Alla guida della Toyota Yaris, nel 2019 Ott Tänak ottenne il primo titolo della carriera. Per la prima volta dopo 16 anni, il campione del mondo rally non si chiamava “Sébastien”.
Ott Tänak mancherà al mondiale rally. Per la sua velocità, per la sua storia, e per il suo carattere indistinguibile. La scelta del ritiro è arrivata quest’estate, decidendo di dedicare più tempo alla sua famiglia. Lui, il ritiro se lo può permettere perché un titolo mondiale lo ha vinto. Anzi, non ha soltanto vinto un titolo mondiale.
Ha fermato l’era dei Sebastiani: dopo 9 titoli di Loeb e 6 di Ogier, tutti consecutivi, con il passaggio della corona avvenuto tra il 2012 e il 2013, il mondiale rally aveva finalmente un nuovo nome: Ott Tänak.

Il contesto
Il mondiale rally arrivava al 2019 con una novità che spiccava su tutte: Sébastien Ogier alla guida della Citroen, dopo 3 titoli vinti con Volkswagen e gli ultimi 2 con la Ford. La vettura francese non aveva mai avuto rilievo dall’addio di Loeb, e infatti Ogier si mosse in fretta per modificare la vettura favorendo il suo stile di guida.
Tanak e Neuville, i due rivali di Ogier del 2018, rimasero rispettivamente in Toyota e in Hyundai, entrambi pronti ad approfittare dei possibili buchi della nuova accoppiata francese. Il team coreano riponeva tutte le speranze sul belga, visto come vera e propria guida del team. Ma non era lo stesso per i nipponici, che, come ancora oggi, si focalizzano sul concetto di squadra.

Dominio assoluto
La stagione di Tänak non parte così bene: vittoria in Svezia, podio al Monte e in Messico, ma fuori dalla top 5 in Corsica e in Argentina. Ma è proprio da qui che parte la scalata dell’estone verso il trono. In Cile, Neuville esce pesantemente di scena e quell’incidente probabilmente lo blocca psicologicamente per tutta la stagione, mentre Tänak ottiene la seconda vittoria dell’anno.
Vince di nuovo in Portogallo, mentre in Sardegna perde la vittoria certa in Power Stage a causa di un errore e conseguente rottura del sottosterzo, finendo in P5. Come se nulla fosse accaduto, torna alla vittoria in Finlandia e in Germania. In Turchia arriva il ritiro suo e di Neuville, mentre in Gran Bretagna l’estone si avvicina definitivamente al titolo, vincendo anche in Galles.
In Spagna arriva l’incoronazione. Il secondo posto è sufficiente per regalare all’Estonia il primo titolo mondiale rally. Ott Tänak è campione del mondo 2019 con un rally d’anticipo (rimane il Rally d’Australia, che verrà annullato per gli incendi che hanno colpito la zona). Dopo 15 anni di Sébastien Loeb e di Sébastien Ogier, i rallisti hanno un nuovo titolato.
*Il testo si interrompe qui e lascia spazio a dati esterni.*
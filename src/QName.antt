-- ===== src/QName.antt =====
-- Qualified names, from src/xmlbeansxx/QName.h.
-- The two halves of a name are `StoreString`s, read here as the texts they hold: `StoreString`'s
-- own equality is the module StoreString. The prefix takes no part in equality.
use xmlbeansxx.Prelude.{Text, [], text_eq, text_eq_iff, text_eq_refl, Bool, true, ◌&&◌, ◌≡◌, arith}

pub record QName : Type 0 where
  pub namespace_uri : Text
  pub local_part : Text
  pub prefix : Text

-- The constructor of two arguments, whose prefix is empty.
abbrev pub qname : Text → Text → QName
qname uri name = record { namespace_uri = uri; local_part = name; prefix = [] }

-- `QName()`.
abbrev pub empty_qname : QName
empty_qname = qname [] []

-- `operator==` of two names.
unfoldable pub qname_eq : QName → QName → Bool
qname_eq a b = text_eq a.namespace_uri b.namespace_uri && text_eq a.local_part b.local_part

pub qname_eq_refl : (a : QName) → qname_eq a a ≡ true
unfolding qname_eq
qname_eq_refl a = ground (arith, text_eq_refl a.namespace_uri, text_eq_refl a.local_part)

-- A name equal to `b` compares with any `c` as `b` does.
pub qname_eq_left : (a b c : QName) → qname_eq a b ≡ true → qname_eq a c ≡ qname_eq b c
unfolding qname_eq
qname_eq_left a b c h =
    ground
      (arith, text_eq_iff a.namespace_uri b.namespace_uri, text_eq_iff a.local_part b.local_part)

pub qname_eq_sym : (a b : QName) → qname_eq a b ≡ qname_eq b a
unfolding qname_eq
qname_eq_sym a b = ground (
  arith,
  text_eq_iff a.namespace_uri b.namespace_uri,
  text_eq_iff a.local_part b.local_part,
  text_eq_iff b.namespace_uri a.namespace_uri,
  text_eq_iff b.local_part a.local_part,
)

pub qname_eq_right : (a b c : QName) → qname_eq a b ≡ true → qname_eq c a ≡ qname_eq c b
qname_eq_right a b c h = cc (qname_eq_left a b c h, qname_eq_sym c a, qname_eq_sym c b)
L’addio inatteso da Toyota
C’è un’altra caratteristica che ha sempre contraddistinto Tänak: la sua velocissima mutabilità d’opinione. E infatti, è l’unico pilota della griglia 2025 ad aver corso in tutti i 3 team presenti. Cos’era accaduto nel 2019 da fargli dire addio?
Per il 2020 i giapponesi hanno ingaggiato Ogier, che, secondo l’estone, sarebbe diventato il centro della squadra, e prendendo anche i 3 piloti che sono ancora oggi titolari: Evans, Rovanperä e Katsuta. Tänak, ora, preferiva l’opzione Hyundai, ritenendo che lo avrebbero certamente messo nel ruolo di team leader.